Canada-China Deals Draw Cheers, Boos Chretien Returns with Fistful of Infrastructure Contracts

Article excerpt

CANADA'S top salesman - Prime Minister Jean Chretien - has just finished barnstorming across China on a trade trip that has irritated human-rights activists and enthused Canadian executives as the deals pour in.

This week, Canadian executives and Chinese officials signed 54 contracts and agreements in principle valued by Canadian officials at $8.6 billion (US$6.3 billion). The gold prize appeared to come on Tuesday when China signed a memorandum of understanding toward the purchase of two Canadian-designed nuclear reactors worth $3.5 billion.

Standing on the steps of China's Great Wall, Mr. Chretien told a gaggle of Canadian reporters that the deals from the trip would create thousands of jobs in Canada, where the unemployment rate is 10 percent.

"If you compare the level of activity that we will generate with {that of} any trip organized by any other nation, we will have done extremely well," the prime minister said.

China is one of the world's hottest export markets, with an economy growing at a rate of 10 to 15 percent annually. But until recently, Canadian businesses have not had much success getting a foot in the door. China had more direct investment in Canada at the end of 1993 ($378 million), than Canada had in China ($260 million).
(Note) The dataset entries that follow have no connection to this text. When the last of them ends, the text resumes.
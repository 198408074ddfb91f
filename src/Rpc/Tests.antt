-- ===== src/Rpc/Tests.antt =====
-- The broker's theorems at concrete inputs.
use constella.Prelude.{ℕ, ◌≡◌, refl, true, false, List, [], ◌∷◌, Text, text, text_eq}
use constella.Prelude.Dicts.{lookup, insert}
use constella.Prelude.Keyed.{find, alter}
use constella.Rpc.Broker.{
  account_lookup, register, start, resolve_account_lookup, resolve_restart, settle, fail_pending,
}
use constella.Rpc.Data.{
  pending_keys, flag, Connection, Message, Broker, Future, failed, agent_unavailable,
}
use constella.Rpc.Events.{Event, joins, asks, replies_lookup, expires, resumes, step, run}
use constella.Rpc.Futures.{IsAt}
use constella.Rpc.Owned.{IsOwned}
use constella.Rpc.Answers.{Answers, resolve-Answers}
use constella.Rpc.Runs.{AreFresh, run-IsOwned, run_done}

abbrev nothing : Broker
nothing = record { connections = []; pending = []; futures = [] }

nothing-IsOwned : IsOwned nothing
unfolding find
nothing-IsOwned = record {
  served = (λ i f here wait. cc);
  unique = (λ i j f g here there same. cc);
  named = (λ k i found. cc);
}

abbrev alpha : Text
alpha = text "alpha"

abbrev link : ℕ → Connection
link id = record {
  connection_id = id;
  send_queue = [];
  queue_size = 8;
  capabilities = (text "account_lookup_v1", flag true) ∷ [];
}

abbrev events : List Event
events = joins alpha (link 1) ∷ asks (account_lookup alpha (text "ann")) (text "r1") ∷ []

events-AreFresh : AreFresh events nothing
unfolding AreFresh step register lookup insert text_eq
events-AreFresh = (tt, (refl, tt))

run-IsOwned_example : IsOwned (run events nothing)
run-IsOwned_example = run-IsOwned events nothing events-AreFresh nothing-IsOwned

asked-IsOwned : IsOwned (run events nothing)
asked-IsOwned = run-IsOwned events nothing events-AreFresh nothing-IsOwned

abbrev answer : Message
answer = record {
  type = text "account_lookup_response";
  node_id = alpha;
  request_id = text "r1";
  content = (text "uid", text "1000") ∷ [];
}

resolve-Answers_example :
    ((resolve_account_lookup answer 1 (run events nothing)).0 ≡ true
      → Answers answer 1
          (run events nothing)
          (resolve_account_lookup answer 1 (run events nothing)).1)
    × ((resolve_account_lookup answer 1 (run events nothing)).0 ≡ false
        → (resolve_account_lookup answer 1 (run events nothing)).1 ≡ run events nothing)
    × ((resolve_restart answer 1 (run events nothing)).0 ≡ true
        → Answers answer 1 (run events nothing) (resolve_restart answer 1 (run events nothing)).1)
    × ((resolve_restart answer 1 (run events nothing)).0 ≡ false
        → (resolve_restart answer 1 (run events nothing)).1 ≡ run events nothing)
resolve-Answers_example = resolve-Answers answer 1 (run events nothing) asked-IsOwned

-- The agent goes before it answers.
abbrev gone : Broker
gone = run (joins alpha (link 2) ∷ []) (run events nothing)

abbrev lost : Future
lost = record {
  key = record {
    node_id = alpha;
    request_id = text "r1";
    response_type = text "account_lookup_response";
  };
  sent_on = 1;
  outcome = failed agent_unavailable;
}

lost_here : IsAt 0 lost gone.futures
unfolding run step register start lookup insert text_eq alter fail_pending settle
lost_here = refl

run_done_example :
    IsAt 0 lost (run (replies_lookup answer 2 ∷ expires 0 ∷ resumes 0 ∷ []) gone).futures
run_done_example =
    run_done (replies_lookup answer 2 ∷ expires 0 ∷ resumes 0 ∷ []) gone 0 lost lost_here refl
From the start of the trip, Canada wanted to show the Chinese that it is serious. Chretien's huge "Team Canada" tour has involved an entourage of more than 350 business leaders, as well as nine out of 10 Canadian provincial premiers. Quebec Premier Jacques Parizeau did not go. Reportedly, the massive showing impressed Chinese leaders.

"Today marks a new era in Canada-China trade relations," Chretien exulted after the deals were penned. "This catapults trade with China into new levels."

Among the announced deals:

* Atomic Energy of Canada Ltd., the government-owned corporation, signed a pact with China National Nuclear Corp. that AECL officials say will lead to "serious negotiations" on the sale of two 700 megawatt nuclear reactors. Early reports misconstrued the signing as a commercial contract.